# Giving Hope



## Hopeful_wife (Nov 6, 2009)

I just wanted to give a ray of hope to everyone that's going through what we all seem to be going through together. 

About 6 months ago I realized my husband was spending WAAAYYYY too much time talking and texting to OW. Long story short, he promised I had nothing to worry about, they went on a work trip together, kissed, he came back, moved out, and him and OW now spend ALL their time together, yet he still refuses to acknowledge that something is going on. Anyway, fast forward to now. Things are so much better. I'm doing fine on my own, am starting to think about dating again, and moving on with my life. It seemed that nothing would ever be right again, and every now and then I still have a twinge of pain, but it was nothing like before. So I just wanted to tell everyone to keep pushing through. It WILL get easier and you WILL get through this. Just hang in there and you'll be fine. I thought it was hopeless and that I'd never find happiness again, but I've learned a lot about myself and that I can be happy without him. Just find what YOU enjoy doing and take the time to do it for yourself. Best of luck to you all.


----------



## skinman (Nov 5, 2008)

Hopeful_wife,

What you have written is so true indeed.... when we are going through something like we all have, either with a separation or divorce our perception of future happiness becomes clouded, we lose perspective, hope and fear often overcomes us. The fear of the unknown, losing all that you built over time, feeling unloved and discarded if you were the one left behind... I too felt all of these things and watched many of them come true and to pass...Its been close to a year and a half for me since my life was turned upside down...... But you know what.. My fears were just that, fears of not knowing what was instore with the next day let alone the rest of my life.... since then I have found someone to love, someone to love me, I bought a house thats all mine :smthumbup:... I had faith that things happen for a reason and that I indeed would be happy again, sometimes even happier than you have ever been.... 

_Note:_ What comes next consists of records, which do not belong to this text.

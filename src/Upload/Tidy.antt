-- ===== src/Upload/Tidy.antt =====
-- handle_puts on the tidy tables of Vfs.Refcount.
use wind_cloud_v.Shared.{
  ℕ, ◌≡◌, refl, inl, inr, true, false, Bool, [], ◌∷◌, ◌++◌, none, some, arith, Option-cases,
}
use wind_cloud_v.Shared.Int.{ℤ}
use wind_cloud_v.Shared.Text.{Bytes}
use wind_cloud_v.Identity.{Config}
use wind_cloud_v.Vfs.{
  Backend, Db, PathRow, tick, is_literal, is_hash, find_node, insert_node, dao_create_file_node,
  path_ids,
}
use wind_cloud_v.Vfs.Entities.{ClientContext, link_file, link_new_file}
use wind_cloud_v.Vfs.Counts.{references}
use wind_cloud_v.Vfs.Refcount.{IsTidy, expected}
use wind_cloud_v.Vfs.Tidy.{
  new_file, with_new_file, dao_file_insert-new, dao_file_insert-old, dao_file_find-eq,
  link_row-IsTidy, link_new_file-IsTidy,
}
use wind_cloud_v.FileTable.{find_hash, dao_file_source_upsert}
use wind_cloud_v.FileTable.Laws.{file_ids, recorded_fresh, recorded-append}
use wind_cloud_v.Upload.{
  create_user_file_link, add_own_source, link_recorded, link_uploaded, finish_upload_db_work,
}

pub same-IsTidy :
    {db db' : Db} → db'.paths ≡ db.paths → db'.files ≡ db.files → IsTidy db → IsTidy db'
same-IsTidy p f t = record { counted = λ i. rw (p, f) (t.counted i); kept = rw p t.kept }

module _ (b : Backend) (config : Config) (file : ℕ) where
  add_own_source-paths : (r : Bool × Db) → (add_own_source b config file r).1.paths ≡ r.1.paths
  unfolding add_own_source dao_file_source_upsert
  add_own_source-paths (true, db) = ground arith
  add_own_source-paths (false, db) = refl

  add_own_source-files : (r : Bool × Db) → (add_own_source b config file r).1.files ≡ r.1.files
  unfolding add_own_source dao_file_source_upsert
  add_own_source-files (true, db) = ground arith
  add_own_source-files (false, db) = refl

  add_own_source-IsTidy : (r : Bool × Db) → IsTidy r.1 → IsTidy (add_own_source b config file r).1
  add_own_source-IsTidy r t = same-IsTidy (add_own_source-paths r) (add_own_source-files r) t

-- A node on a free path.
unfoldable pub new_node : Backend → ClientContext → Bytes → Bytes → ℕ → Db → PathRow
new_node b ctx target name file db = record {
  id = b.next_id db.calls (path_ids db.paths);
  user_id = ctx.user_id;
  path = target;
  file_id = some file;
  parent_id = ctx.current_dir_id;
  file_name = name;
  node_type = 0;
}

module _ (b : Backend) (works : (k : ℕ) → b.fails k ≡ false) (ctx : ClientContext)
    (target name : Bytes) (path_ok : is_literal 255 target ≡ true)
    (name_ok : is_literal 30 name ≡ true) where
  pub dao_create_file_node-free :
      (file : ℕ) (db : Db)
      → find_node b ctx.user_id target db.paths ≡ none
      → dao_create_file_node b ctx.user_id target ctx.current_dir_id name file db
        ≡ (true, record (tick db) { paths = db.paths ++ (new_node b ctx target name file db ∷ []) })
  unfolding dao_create_file_node insert_node new_node
  dao_create_file_node-free file db free = rw (works db.calls, path_ok, name_ok, free) refl

  pub create_user_file_link-counted :
      (file : ℕ) (db : Db)
      → create_user_file_link b ctx target name file true db ≡ link_file b ctx target name file db
  unfolding create_user_file_link link_file
  create_user_file_link-counted file db = ground arith

  create_user_file_link-new :
      (file : ℕ) (db : Db)
      → find_node b ctx.user_id target db.paths ≡ none
      → create_user_file_link b ctx target name file false db
        ≡ link_new_file b ctx target name file db
  unfolding create_user_file_link link_new_file
  create_user_file_link-new file db free = rw (dao_create_file_node-free file db free) refl

  module _ (config : Config) (hash : Bytes) (valid : is_hash hash ≡ true) (size : ℤ) where
    pub finish_upload_db_work-IsTidy :
        (db : Db)
        → find_node b ctx.user_id target db.paths ≡ none
        → IsTidy db
        → IsTidy (finish_upload_db_work b config ctx target name hash size db).1
    unfolding finish_upload_db_work link_uploaded link_recorded with_new_file new_file expected
    finish_upload_db_work-IsTidy db free t = elim (Option-cases (find_hash hash db.files)) [
      | inl e ↦
          let file = b.next_id db.calls (file_ids db.files) in
          let absent =
            recorded_fresh file db.files (b.next_id-fresh db.calls (file_ids db.files)) in
          let unused : references file db.paths ≡ 0 = ground (arith, absent, t.counted file) in
          rw
            (
              dao_file_insert-new b works hash valid size db e,
              create_user_file_link-new file (with_new_file b hash size db) free,
            )
            (add_own_source-IsTidy b config file
              (link_new_file b ctx target name file (with_new_file b hash size db))
              (link_new_file-IsTidy b works ctx target name path_ok name_ok file
                (with_new_file b hash size db)
                (λ i. ground (
                  arith,
                  unused,
                  t.counted i,
                  recorded-append i db.files (new_file b hash size db) absent,
                ))
                unused t.kept))
      | inr (row, e) ↦
          rw
            (
              dao_file_insert-old b works hash valid size db row e,
              dao_file_find-eq b works hash valid (tick db) e,
              create_user_file_link-counted row.id (tick (tick db)),
            )
            (add_own_source-IsTidy b config row.id
              (link_file b ctx target name row.id (tick (tick db)))
              (link_row-IsTidy b works ctx target name path_ok name_ok hash (tick (tick db)) e
                (record { counted = t.counted; kept = t.kept })))
    ]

I am so pleased to read that things are looking up for you and your new life.. Keep pushing forward with your eyes wide open, cherish the small things in life and appreciate everyday regardless if you have someone in your life or not..... Oneday, you will look back and be thankfull for going through what you have.... I did and many before us have too....... God bless and best wishes for a future filled with the happiness that YOU !! create..... 

Skin........


----------



## morningdew (Jan 14, 2010)

HW & SM, thank you for sharing this. I so need to read this tonight as again I'm having doubts about what to do in my own situation.


----------



## tryingtocope24 (Sep 27, 2009)

Thanks Hopeful: It has come for me to draw a line in the sand and decide what way my life will go. I want to laugh and smile again it has been so long since I have done that. I know there is another woman out there that would be happy to spend time with me and you give us all hope that there is a better future for us all.


----------